From earlier Croatian ampelographers like Stjepan Bulić, we know that Crljenak was rather a rare variety of Dalmatia, even marginal if considering the fact that in 19th century it was present actually only in the region of Imotski. In 2001, only 20 vines of the variety were found in the whole Croatia (sic!). It’s a very small population, especially when comparing its popularity in Montenegro, along with its long history over there. On the other hand, the history of Primitivo is traced into the 18th century, although the first documents mentioning this name are from the second half of the 19th century. This excludes Italy as a region of origin for this variety, but not as the origin for Zinfandel vines from California. The mentioned small population and marginal role of these grapes in Croatia may suggest that plants, which became known as Zinfandel, were brought to the USA either from Puglia in Italy or from Montenegro. Did migrants from one of these countries bring them? Most probably, but we still don’t know.

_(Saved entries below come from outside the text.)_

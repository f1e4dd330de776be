-- ===== src/Events/Actions.antt =====
-- What the handlers may do, as a relation on states: one action of a connection, and sequences.
use null_key.Base.{ℕ, ◌+◌, ◌≡◌, Bool, true, false, refl, if◌then◌else◌}
use null_key.Value.{Value}
use null_key.JsMap.{Map}
use null_key.Config.{Config}
use null_key.Net.{Frame, Notice, success, error, net_send, net_close}
use null_key.Manager.{RoomManager}
use null_key.Manager.Members.{member}
use null_key.Manager.Step.{Step}
use null_key.ReplayGuard.{Seen}
use null_key.ReplayGuard.Window.{IsSeen}
use null_key.RateLimit.{RateBucket}
use null_key.Relay.{
  Client, Relay, set_client, set_manager, send_success, send_error, broadcast, announce_joined,
  announce_left,
}

-- An action for the connection `ws` that reaches other clients only in rooms that meet `K`, and
-- adds it only to rooms that meet `J`.
pub data Act (cfg : Config) (ws : ℕ) (J K : Value → Type 0) (s : Relay) : Relay → Type 0 where
  tells : (f : Frame) → Act cfg ws J K s (record s { net = net_send ws f s.net })
  closes : (code : ℕ) → Act cfg ws J K s (record s { net = net_close ws code s.net })
  updates : (c : Client) → Act cfg ws J K s (set_client ws c s)
  calls : (m : RoomManager) → Step cfg ws J s.manager m → Act cfg ws J K s (set_manager m s)
  broadcasts : (now : ℕ) (k : Value) (f : Frame) → K k → Act cfg ws J K s (broadcast now k f ws s)
  forwards :
      (w : ℕ) (k : Value) (f : Frame)
      → K k
      → member w k s.manager ≡ true
      → Act cfg ws J K s (record s { net = net_send w f s.net })
  remembers :
      (seen : Seen) → (IsSeen s.seen → IsSeen seen) → Act cfg ws J K s (record s { seen = seen })
  counts :
      (buckets : Map RateBucket) → Act cfg ws J K s (record s { message_rate_buckets = buckets })

pub data Acts (cfg : Config) (ws : ℕ) (J K : Value → Type 0) (s : Relay) : Relay → Type 0 where
  done : Acts cfg ws J K s s
  then_act : {t u : Relay} → Acts cfg ws J K s t → Act cfg ws J K t u → Acts cfg ws J K s u

pub Acts-trans :
    {cfg : Config} {ws : ℕ} {J K : Value → Type 0} {s t u : Relay}
    → Acts cfg ws J K s t
    → Acts cfg ws J K t u
    → Acts cfg ws J K s u
Acts-trans p done = p
Acts-trans p (then_act q a) = then_act (Acts-trans p q) a

pub Acts-if :
    {cfg : Config} {ws : ℕ} {J K : Value → Type 0} {s t u : Relay} (b : Bool)
    → (b ≡ true → Acts cfg ws J K s t)
    → (b ≡ false → Acts cfg ws J K s u)
    → Acts cfg ws J K s (if b then t else u)
Acts-if true p q = p refl
Acts-if false p q = q refl

module _ {cfg : Config} {ws : ℕ} {J K : Value → Type 0} {s t : Relay}
    (p : Acts cfg ws J K s t) where
  pub Acts-send_success : (k : Notice) → Acts cfg ws J K s (send_success ws k t)
  unfolding send_success
  Acts-send_success k = then_act p (tells (success k))

  pub Acts-send_error : (c : Config) (k : Notice) → Acts cfg ws J K s (send_error c ws k t)
  unfolding send_error
  Acts-send_error c k =
      let cl = t.clients ws in
      let more = record cl { violations = cl.violations + 1 } in
      Acts-if c.disconnect_on_repeated_violations
        (λ _.
          Acts-if _ (λ _. then_act (then_act p (updates more)) (closes 4000))
            (λ _. then_act (then_act p (updates more)) (tells (error k))))
        (λ _. then_act p (tells (error k)))

  pub Acts-announce_joined :
      (now : ℕ) (k : Value) → K k → Acts cfg ws J K s (announce_joined now k ws t)
  unfolding announce_joined
  Acts-announce_joined now k h = then_act p (broadcasts now k _ h)

  pub Acts-announce_left :
      (now : ℕ) (k : Value) → K k → Acts cfg ws J K s (announce_left now k ws t)
  unfolding announce_left
  Acts-announce_left now k h = then_act p (broadcasts now k _ h)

One is however sure: Zinfandel, Primitivo, Crljenak Kaštelanski and Kratošija are one and the same variety, which sometimes is able to give exceptional wines. Therefore it wouldn’t be a bad idea to discover the region of its origin… the country of old Greek colonies where the coast is a result of cultural exchange between Montenegrins and Venetians, and so is the architecture and food.
Kratošija means ‘short neck’, and ‘neck’ stands here for ‘stalk’. In Montenegro, it mostly gives easy-going, refreshing wines of a deeply red color, but even more often becomes a part in premium cuvees with Vranac. Unfortunately I cannot recommend any Kratošija wine as my private discovery of Montenegro is still on the to-do list. On the other hand, the biggest producer of the country – “13 jul-Plantaže”, who owes over a half of Montenegrin vineyards, uses Kratošija only in cuvees too. So there is no other way but looking for smaller barely known wineries on site. At least since the end of the World War II, Kratošija is grown also in Macedonia, but I’m skeptical about the quality of that from a huge industrial winery of “Tikveš”, though I need to try first before judging.
Kratošija may be an autochthon Montenegrin variety (see e.g. Dušan Burić 1985, 1995) and some old texts may point to the fact that it’s present in Montenegrin vineyards since centuries, but it’s still waiting for being rediscovered. I could barely find any information about it, not even in Montenegrin sources. There is still much to be done in the process of description and promotion of Balkan wines. But they are worth this job. I have no doubts about it!